**What you have to do:**
Make an exact copy of the records below. Include every line.

--- Given records Enclosed Below ---

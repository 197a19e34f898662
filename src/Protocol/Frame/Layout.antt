-- ===== src/Protocol/Frame/Layout.antt =====
-- A frame as its parts end to end: what each slice of the decoder reads from them, and that every
-- frame of at least the header's length consists of its slices.
use p2p_transmission.Prelude.{
  ℕ, ◌+◌, ◌≤◌, ◌≡◌, refl, sym, ap, ◌∙◌, List, ◌++◌, length, take, drop, take-append, drop-append,
  drop-drop, take-append-drop, length-take, length-drop, arith,
}
use p2p_transmission.Protocol.Bytes.{slice}

-- The parts of a header.
pub record Parts : Type 0 where
  pub magic : List ℕ
  pub major : List ℕ
  pub minor : List ℕ
  pub kind : List ℕ
  pub transfer_id : List ℕ
  pub file_id : List ℕ
  pub offset : List ℕ
  pub payload_len : List ℕ

pub record HasLengths (p : Parts) : Type 0 where
  pub magic_length : length p.magic ≡ 4
  pub major_length : length p.major ≡ 2
  pub minor_length : length p.minor ≡ 2
  pub kind_length : length p.kind ≡ 1
  pub transfer_id_length : length p.transfer_id ≡ 16
  pub file_id_length : length p.file_id ≡ 16
  pub offset_length : length p.offset ≡ 8
  pub payload_len_length : length p.payload_len ≡ 4

abbrev pub layout : Parts → List ℕ → List ℕ
layout p payload =
    p.magic
    ++ (p.major
        ++ (p.minor
            ++ (p.kind
                ++ (p.transfer_id ++ (p.file_id ++ (p.offset ++ (p.payload_len ++ payload)))))))

abbrev pub parts : List ℕ → Parts
parts frame = record {
  magic = slice 0 4 frame;
  major = slice 4 6 frame;
  minor = slice 6 8 frame;
  kind = slice 8 9 frame;
  transfer_id = slice 9 25 frame;
  file_id = slice 25 41 frame;
  offset = slice 41 49 frame;
  payload_len = slice 49 53 frame;
}

-- The tail from a boundary on is the next part and the tail from the next boundary on.
cut : (m n : ℕ) (frame : List ℕ) → take n (drop m frame) ++ drop (m + n) frame ≡ drop m frame
cut m n frame =
    ap (◌++◌ (take n (drop m frame))) (sym (drop-drop m n frame))
    ∙ take-append-drop n (drop m frame)

-- Every frame consists of its slices.
pub layout-parts : (frame : List ℕ) → layout (parts frame) (drop 53 frame) ≡ frame
layout-parts frame = rw (
  cut 49 4 frame,
  cut 41 8 frame,
  cut 25 16 frame,
  cut 9 16 frame,
  cut 8 1 frame,
  cut 6 2 frame,
  cut 4 2 frame,
  take-append-drop 4 frame,
)

slice_length :
    (m n : ℕ) (frame : List ℕ) → m + n ≤ length frame → length (take n (drop m frame)) ≡ n
slice_length m n frame h = length-take n (drop m frame) (omega (arith, length-drop m frame))

pub parts-HasLengths : (frame : List ℕ) → 53 ≤ length frame → HasLengths (parts frame)
parts-HasLengths frame h = record {
  magic_length = slice_length 0 4 frame (omega arith);
  major_length = slice_length 4 2 frame (omega arith);
  minor_length = slice_length 6 2 frame (omega arith);
  kind_length = slice_length 8 1 frame (omega arith);
  transfer_id_length = slice_length 9 16 frame (omega arith);
  file_id_length = slice_length 25 16 frame (omega arith);
  offset_length = slice_length 41 8 frame (omega arith);
  payload_len_length = slice_length 49 4 frame (omega arith);
}

-- Where the tail from `m` on begins with a part, its slice is the part, and the rest follows.
next_part :
    (m n : ℕ) (frame xs ys : List ℕ)
    → drop m frame ≡ xs ++ ys
    → length xs ≡ n
    → (take n (drop m frame) ≡ xs) × (drop (m + n) frame ≡ ys)
next_part m n frame xs ys e h = (
  ap (take n) e ∙ take-append n xs ys h,
  sym (drop-drop m n frame) ∙ ap (drop n) e ∙ drop-append n xs ys h,
)

-- The slices of parts laid end to end are the parts, and the payload follows.
pub parts-layout :
    (p : Parts) (payload : List ℕ)
    → HasLengths p
    → (parts (layout p payload) ≡ p) × (drop 53 (layout p payload) ≡ payload)
parts-layout p payload l =
    let (e0, d4) = next_part 0 4 f p.magic _ refl l.magic_length in
    let (e4, d6) = next_part 4 2 f p.major _ d4 l.major_length in
    let (e6, d8) = next_part 6 2 f p.minor _ d6 l.minor_length in
    let (e8, d9) = next_part 8 1 f p.kind _ d8 l.kind_length in
    let (e9, d25) = next_part 9 16 f p.transfer_id _ d9 l.transfer_id_length in
    let (e25, d41) = next_part 25 16 f p.file_id _ d25 l.file_id_length in
    let (e41, d49) = next_part 41 8 f p.offset _ d41 l.offset_length in
    let (e49, d53) = next_part 49 4 f p.payload_len _ d49 l.payload_len_length in
    (
      λ i. record {
        magic = e0 i;
        major = e4 i;
        minor = e6 i;
        kind = e8 i;
        transfer_id = e9 i;
        file_id = e25 i;
        offset = e41 i;
        payload_len = e49 i;
      },
      d53,
    )
  where
    f : List ℕ
    f = layout p payload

--- End of Enclosed Given records ---

**Task output:**
repository 197a19e34f898662
filename src/Protocol/Frame/Layout.antt
-- ===== src/Protocol/Frame/Layout.antt =====
-- A frame as its parts end to end: what each slice of the decoder reads from them, and that every
-- frame of at least the header's length consists of its slices.
use p2p_transmission.Prelude.{
  ℕ, ◌+◌, ◌≤◌, ◌≡◌, refl, sym, ap, ◌∙◌, List, ◌++◌, length, take, drop, take-append, drop-append,
  drop-drop, take-append-drop, length-take, length-drop, arith,
}
use p2p_transmission.Protocol.Bytes.{slice}

-- The parts of a header.
pub record Parts : Type 0 where
  pub magic : List ℕ
  pub major : List ℕ
  pub minor : List ℕ
  pub kind : List ℕ
  pub transfer_id : List ℕ
  pub file_id : List ℕ
  pub offset : List ℕ
  pub payload_len : List ℕ

pub record HasLengths (p : Parts) : Type 0 where
  pub magic_length : length p.magic ≡ 4
  pub major_length : length p.major ≡ 2
  pub minor_length : length p.minor ≡ 2
  pub kind_length : length p.kind ≡ 1
  pub transfer_id_length : length p.transfer_id ≡ 16
  pub file_id_length : length p.file_id ≡ 16
  pub offset_length : length p.offset ≡ 8
  pub payload_len_length : length p.payload_len ≡ 4

abbrev pub layout : Parts → List ℕ → List ℕ
layout p payload =
    p.magic
    ++ (p.major
        ++ (p.minor
            ++ (p.kind
                ++ (p.transfer_id ++ (p.file_id ++ (p.offset ++ (p.payload_len ++ payload)))))))

abbrev pub parts : List ℕ → Parts
parts frame = record {
  magic = slice 0 4 frame;
  major = slice 4 6 frame;
  minor = slice 6 8 frame;
  kind = slice 8 9 frame;
  transfer_id = slice 9 25 frame;
  file_id = slice 25 41 frame;
  offset = slice 41 49 frame;
  payload_len = slice 49 53 frame;
}

-- The tail from a boundary on is the next part and the tail from the next boundary on.
cut : (m n : ℕ) (frame : List ℕ) → take n (drop m frame) ++ drop (m + n) frame ≡ drop m frame
cut m n frame =
    ap (◌++◌ (take n (drop m frame))) (sym (drop-drop m n frame))
    ∙ take-append-drop n (drop m frame)

-- Every frame consists of its slices.
pub layout-parts : (frame : List ℕ) → layout (parts frame) (drop 53 frame) ≡ frame
layout-parts frame = rw (
  cut 49 4 frame,
  cut 41 8 frame,
  cut 25 16 frame,
  cut 9 16 frame,
  cut 8 1 frame,
  cut 6 2 frame,
  cut 4 2 frame,
  take-append-drop 4 frame,
)

slice_length :
    (m n : ℕ) (frame : List ℕ) → m + n ≤ length frame → length (take n (drop m frame)) ≡ n
slice_length m n frame h = length-take n (drop m frame) (omega (arith, length-drop m frame))

pub parts-HasLengths : (frame : List ℕ) → 53 ≤ length frame → HasLengths (parts frame)
parts-HasLengths frame h = record {
  magic_length = slice_length 0 4 frame (omega arith);
  major_length = slice_length 4 2 frame (omega arith);
  minor_length = slice_length 6 2 frame (omega arith);
  kind_length = slice_length 8 1 frame (omega arith);
  transfer_id_length = slice_length 9 16 frame (omega arith);
  file_id_length = slice_length 25 16 frame (omega arith);
  offset_length = slice_length 41 8 frame (omega arith);
  payload_len_length = slice_length 49 4 frame (omega arith);
}

-- Where the tail from `m` on begins with a part, its slice is the part, and the rest follows.
next_part :
    (m n : ℕ) (frame xs ys : List ℕ)
    → drop m frame ≡ xs ++ ys
    → length xs ≡ n
    → (take n (drop m frame) ≡ xs) × (drop (m + n) frame ≡ ys)
next_part m n frame xs ys e h = (
  ap (take n) e ∙ take-append n xs ys h,
  sym (drop-drop m n frame) ∙ ap (drop n) e ∙ drop-append n xs ys h,
)

-- The slices of parts laid end to end are the parts, and the payload follows.
pub parts-layout :
    (p : Parts) (payload : List ℕ)
    → HasLengths p
    → (parts (layout p payload) ≡ p) × (drop 53 (layout p payload) ≡ payload)
parts-layout p payload l =
    let (e0, d4) = next_part 0 4 f p.magic _ refl l.magic_length in
    let (e4, d6) = next_part 4 2 f p.major _ d4 l.major_length in
    let (e6, d8) = next_part 6 2 f p.minor _ d6 l.minor_length in
    let (e8, d9) = next_part 8 1 f p.kind _ d8 l.kind_length in
    let (e9, d25) = next_part 9 16 f p.transfer_id _ d9 l.transfer_id_length in
    let (e25, d41) = next_part 25 16 f p.file_id _ d25 l.file_id_length in
    let (e41, d49) = next_part 41 8 f p.offset _ d41 l.offset_length in
    let (e49, d53) = next_part 49 4 f p.payload_len _ d49 l.payload_len_length in
    (
      λ i. record {
        magic = e0 i;
        major = e4 i;
        minor = e6 i;
        kind = e8 i;
        transfer_id = e9 i;
        file_id = e25 i;
        offset = e41 i;
        payload_len = e49 i;
      },
      d53,
    )
  where
    f : List ℕ
    f = layout p payload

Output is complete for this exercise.